== EXERCISE GOAL ==
Set out the records again, keeping every word as it is.

Saved entries
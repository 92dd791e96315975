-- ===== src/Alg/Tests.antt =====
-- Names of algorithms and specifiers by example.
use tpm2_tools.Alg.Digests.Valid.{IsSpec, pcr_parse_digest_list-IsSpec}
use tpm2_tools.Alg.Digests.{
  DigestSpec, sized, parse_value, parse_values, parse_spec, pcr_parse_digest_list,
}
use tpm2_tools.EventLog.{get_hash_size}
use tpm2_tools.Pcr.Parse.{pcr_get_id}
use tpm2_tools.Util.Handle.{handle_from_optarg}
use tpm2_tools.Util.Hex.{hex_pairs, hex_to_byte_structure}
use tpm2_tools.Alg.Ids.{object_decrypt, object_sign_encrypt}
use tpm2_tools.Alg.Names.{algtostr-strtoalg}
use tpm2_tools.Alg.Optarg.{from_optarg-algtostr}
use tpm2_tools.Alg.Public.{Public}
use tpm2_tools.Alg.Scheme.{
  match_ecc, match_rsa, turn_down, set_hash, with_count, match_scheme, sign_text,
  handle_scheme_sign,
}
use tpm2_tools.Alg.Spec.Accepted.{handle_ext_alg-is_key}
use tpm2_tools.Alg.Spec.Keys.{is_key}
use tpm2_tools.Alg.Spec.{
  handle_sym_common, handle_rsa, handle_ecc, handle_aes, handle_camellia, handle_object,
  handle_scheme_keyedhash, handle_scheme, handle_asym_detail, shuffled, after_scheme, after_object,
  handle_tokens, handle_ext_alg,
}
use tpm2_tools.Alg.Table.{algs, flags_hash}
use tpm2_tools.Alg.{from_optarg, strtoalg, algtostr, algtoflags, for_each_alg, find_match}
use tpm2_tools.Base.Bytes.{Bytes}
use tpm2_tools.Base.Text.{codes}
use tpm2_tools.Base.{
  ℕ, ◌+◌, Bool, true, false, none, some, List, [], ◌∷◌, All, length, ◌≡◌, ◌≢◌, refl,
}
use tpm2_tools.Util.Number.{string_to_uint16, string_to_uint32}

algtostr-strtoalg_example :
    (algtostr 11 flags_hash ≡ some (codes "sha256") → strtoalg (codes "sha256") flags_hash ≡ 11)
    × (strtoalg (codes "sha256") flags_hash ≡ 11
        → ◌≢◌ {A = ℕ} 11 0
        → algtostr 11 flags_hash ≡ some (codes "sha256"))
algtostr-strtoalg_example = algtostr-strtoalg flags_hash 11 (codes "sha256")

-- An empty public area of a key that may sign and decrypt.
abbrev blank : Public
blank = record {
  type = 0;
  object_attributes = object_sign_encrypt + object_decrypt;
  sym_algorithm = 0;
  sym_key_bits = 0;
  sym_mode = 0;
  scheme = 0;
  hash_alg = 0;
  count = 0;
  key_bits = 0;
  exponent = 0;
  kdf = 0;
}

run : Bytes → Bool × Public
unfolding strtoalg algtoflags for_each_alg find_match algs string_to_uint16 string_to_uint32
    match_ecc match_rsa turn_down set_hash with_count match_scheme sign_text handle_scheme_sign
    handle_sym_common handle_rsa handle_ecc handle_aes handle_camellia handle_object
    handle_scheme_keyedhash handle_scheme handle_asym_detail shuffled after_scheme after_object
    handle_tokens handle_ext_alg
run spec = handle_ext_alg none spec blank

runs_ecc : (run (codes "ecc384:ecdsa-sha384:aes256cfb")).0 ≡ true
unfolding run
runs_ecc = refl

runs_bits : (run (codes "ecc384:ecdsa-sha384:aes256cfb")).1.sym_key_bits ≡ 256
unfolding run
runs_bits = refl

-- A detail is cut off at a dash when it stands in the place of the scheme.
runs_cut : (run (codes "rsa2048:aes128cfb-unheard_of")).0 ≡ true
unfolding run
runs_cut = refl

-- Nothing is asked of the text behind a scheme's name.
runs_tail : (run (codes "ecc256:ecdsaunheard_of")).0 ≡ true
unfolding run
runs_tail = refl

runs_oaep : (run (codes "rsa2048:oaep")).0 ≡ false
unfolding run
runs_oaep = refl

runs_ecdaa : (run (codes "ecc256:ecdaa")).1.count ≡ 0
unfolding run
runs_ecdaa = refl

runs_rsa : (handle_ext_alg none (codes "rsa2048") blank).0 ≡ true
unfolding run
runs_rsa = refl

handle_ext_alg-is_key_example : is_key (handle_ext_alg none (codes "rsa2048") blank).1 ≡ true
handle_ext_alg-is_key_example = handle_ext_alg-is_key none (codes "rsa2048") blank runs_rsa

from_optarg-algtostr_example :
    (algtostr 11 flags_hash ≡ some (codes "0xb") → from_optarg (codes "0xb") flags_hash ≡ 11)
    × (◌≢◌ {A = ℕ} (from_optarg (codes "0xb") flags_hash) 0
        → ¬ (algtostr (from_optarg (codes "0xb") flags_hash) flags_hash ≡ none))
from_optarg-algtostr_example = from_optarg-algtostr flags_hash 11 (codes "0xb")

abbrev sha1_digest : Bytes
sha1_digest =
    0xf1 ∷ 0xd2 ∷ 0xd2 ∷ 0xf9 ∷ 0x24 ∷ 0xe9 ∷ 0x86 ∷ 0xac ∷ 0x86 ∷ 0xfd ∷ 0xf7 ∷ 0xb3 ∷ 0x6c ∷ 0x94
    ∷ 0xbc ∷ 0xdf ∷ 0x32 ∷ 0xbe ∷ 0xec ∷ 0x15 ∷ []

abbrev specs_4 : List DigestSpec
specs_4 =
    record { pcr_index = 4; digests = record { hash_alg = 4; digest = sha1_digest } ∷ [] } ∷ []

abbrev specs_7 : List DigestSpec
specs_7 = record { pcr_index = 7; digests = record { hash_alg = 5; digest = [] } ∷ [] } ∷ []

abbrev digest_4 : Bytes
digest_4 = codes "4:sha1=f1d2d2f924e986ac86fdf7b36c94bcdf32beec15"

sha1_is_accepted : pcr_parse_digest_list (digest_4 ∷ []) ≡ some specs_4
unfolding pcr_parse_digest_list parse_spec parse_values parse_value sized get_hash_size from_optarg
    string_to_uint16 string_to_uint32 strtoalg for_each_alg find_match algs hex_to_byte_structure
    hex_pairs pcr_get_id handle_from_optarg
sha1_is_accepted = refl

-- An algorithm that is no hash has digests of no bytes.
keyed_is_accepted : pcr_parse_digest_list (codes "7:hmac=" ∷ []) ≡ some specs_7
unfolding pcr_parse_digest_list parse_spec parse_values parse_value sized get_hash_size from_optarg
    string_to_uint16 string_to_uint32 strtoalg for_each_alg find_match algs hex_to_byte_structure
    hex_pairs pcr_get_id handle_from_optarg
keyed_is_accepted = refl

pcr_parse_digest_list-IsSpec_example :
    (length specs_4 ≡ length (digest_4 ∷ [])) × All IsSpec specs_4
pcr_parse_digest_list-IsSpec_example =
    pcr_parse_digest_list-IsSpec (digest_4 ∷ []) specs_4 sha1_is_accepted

== YOUR SOLUTION ==
repository 92dd791e96315975
-- ===== src/Alg/Tests.antt =====
-- Names of algorithms and specifiers by example.
use tpm2_tools.Alg.Digests.Valid.{IsSpec, pcr_parse_digest_list-IsSpec}
use tpm2_tools.Alg.Digests.{
  DigestSpec, sized, parse_value, parse_values, parse_spec, pcr_parse_digest_list,
}
use tpm2_tools.EventLog.{get_hash_size}
use tpm2_tools.Pcr.Parse.{pcr_get_id}
use tpm2_tools.Util.Handle.{handle_from_optarg}
use tpm2_tools.Util.Hex.{hex_pairs, hex_to_byte_structure}
use tpm2_tools.Alg.Ids.{object_decrypt, object_sign_encrypt}
use tpm2_tools.Alg.Names.{algtostr-strtoalg}
use tpm2_tools.Alg.Optarg.{from_optarg-algtostr}
use tpm2_tools.Alg.Public.{Public}
use tpm2_tools.Alg.Scheme.{
  match_ecc, match_rsa, turn_down, set_hash, with_count, match_scheme, sign_text,
  handle_scheme_sign,
}
use tpm2_tools.Alg.Spec.Accepted.{handle_ext_alg-is_key}
use tpm2_tools.Alg.Spec.Keys.{is_key}
use tpm2_tools.Alg.Spec.{
  handle_sym_common, handle_rsa, handle_ecc, handle_aes, handle_camellia, handle_object,
  handle_scheme_keyedhash, handle_scheme, handle_asym_detail, shuffled, after_scheme, after_object,
  handle_tokens, handle_ext_alg,
}
use tpm2_tools.Alg.Table.{algs, flags_hash}
use tpm2_tools.Alg.{from_optarg, strtoalg, algtostr, algtoflags, for_each_alg, find_match}
use tpm2_tools.Base.Bytes.{Bytes}
use tpm2_tools.Base.Text.{codes}
use tpm2_tools.Base.{
  ℕ, ◌+◌, Bool, true, false, none, some, List, [], ◌∷◌, All, length, ◌≡◌, ◌≢◌, refl,
}
use tpm2_tools.Util.Number.{string_to_uint16, string_to_uint32}

algtostr-strtoalg_example :
    (algtostr 11 flags_hash ≡ some (codes "sha256") → strtoalg (codes "sha256") flags_hash ≡ 11)
    × (strtoalg (codes "sha256") flags_hash ≡ 11
        → ◌≢◌ {A = ℕ} 11 0
        → algtostr 11 flags_hash ≡ some (codes "sha256"))
algtostr-strtoalg_example = algtostr-strtoalg flags_hash 11 (codes "sha256")

-- An empty public area of a key that may sign and decrypt.
abbrev blank : Public
blank = record {
  type = 0;
  object_attributes = object_sign_encrypt + object_decrypt;
  sym_algorithm = 0;
  sym_key_bits = 0;
  sym_mode = 0;
  scheme = 0;
  hash_alg = 0;
  count = 0;
  key_bits = 0;
  exponent = 0;
  kdf = 0;
}

run : Bytes → Bool × Public
unfolding strtoalg algtoflags for_each_alg find_match algs string_to_uint16 string_to_uint32
    match_ecc match_rsa turn_down set_hash with_count match_scheme sign_text handle_scheme_sign
    handle_sym_common handle_rsa handle_ecc handle_aes handle_camellia handle_object
    handle_scheme_keyedhash handle_scheme handle_asym_detail shuffled after_scheme after_object
    handle_tokens handle_ext_alg
run spec = handle_ext_alg none spec blank

runs_ecc : (run (codes "ecc384:ecdsa-sha384:aes256cfb")).0 ≡ true
unfolding run
runs_ecc = refl

runs_bits : (run (codes "ecc384:ecdsa-sha384:aes256cfb")).1.sym_key_bits ≡ 256
unfolding run
runs_bits = refl

-- A detail is cut off at a dash when it stands in the place of the scheme.
runs_cut : (run (codes "rsa2048:aes128cfb-unheard_of")).0 ≡ true
unfolding run
runs_cut = refl

-- Nothing is asked of the text behind a scheme's name.
runs_tail : (run (codes "ecc256:ecdsaunheard_of")).0 ≡ true
unfolding run
runs_tail = refl

runs_oaep : (run (codes "rsa2048:oaep")).0 ≡ false
unfolding run
runs_oaep = refl

runs_ecdaa : (run (codes "ecc256:ecdaa")).1.count ≡ 0
unfolding run
runs_ecdaa = refl

runs_rsa : (handle_ext_alg none (codes "rsa2048") blank).0 ≡ true
unfolding run
runs_rsa = refl

handle_ext_alg-is_key_example : is_key (handle_ext_alg none (codes "rsa2048") blank).1 ≡ true
handle_ext_alg-is_key_example = handle_ext_alg-is_key none (codes "rsa2048") blank runs_rsa

from_optarg-algtostr_example :
    (algtostr 11 flags_hash ≡ some (codes "0xb") → from_optarg (codes "0xb") flags_hash ≡ 11)
    × (◌≢◌ {A = ℕ} (from_optarg (codes "0xb") flags_hash) 0
        → ¬ (algtostr (from_optarg (codes "0xb") flags_hash) flags_hash ≡ none))
from_optarg-algtostr_example = from_optarg-algtostr flags_hash 11 (codes "0xb")

abbrev sha1_digest : Bytes
sha1_digest =
    0xf1 ∷ 0xd2 ∷ 0xd2 ∷ 0xf9 ∷ 0x24 ∷ 0xe9 ∷ 0x86 ∷ 0xac ∷ 0x86 ∷ 0xfd ∷ 0xf7 ∷ 0xb3 ∷ 0x6c ∷ 0x94
    ∷ 0xbc ∷ 0xdf ∷ 0x32 ∷ 0xbe ∷ 0xec ∷ 0x15 ∷ []

abbrev specs_4 : List DigestSpec
specs_4 =
    record { pcr_index = 4; digests = record { hash_alg = 4; digest = sha1_digest } ∷ [] } ∷ []

abbrev specs_7 : List DigestSpec
specs_7 = record { pcr_index = 7; digests = record { hash_alg = 5; digest = [] } ∷ [] } ∷ []

abbrev digest_4 : Bytes
digest_4 = codes "4:sha1=f1d2d2f924e986ac86fdf7b36c94bcdf32beec15"

sha1_is_accepted : pcr_parse_digest_list (digest_4 ∷ []) ≡ some specs_4
unfolding pcr_parse_digest_list parse_spec parse_values parse_value sized get_hash_size from_optarg
    string_to_uint16 string_to_uint32 strtoalg for_each_alg find_match algs hex_to_byte_structure
    hex_pairs pcr_get_id handle_from_optarg
sha1_is_accepted = refl

-- An algorithm that is no hash has digests of no bytes.
keyed_is_accepted : pcr_parse_digest_list (codes "7:hmac=" ∷ []) ≡ some specs_7
unfolding pcr_parse_digest_list parse_spec parse_values parse_value sized get_hash_size from_optarg
    string_to_uint16 string_to_uint32 strtoalg for_each_alg find_match algs hex_to_byte_structure
    hex_pairs pcr_get_id handle_from_optarg
keyed_is_accepted = refl

pcr_parse_digest_list-IsSpec_example :
    (length specs_4 ≡ length (digest_4 ∷ [])) × All IsSpec specs_4
pcr_parse_digest_list-IsSpec_example =
    pcr_parse_digest_list-IsSpec (digest_4 ∷ []) specs_4 sha1_is_accepted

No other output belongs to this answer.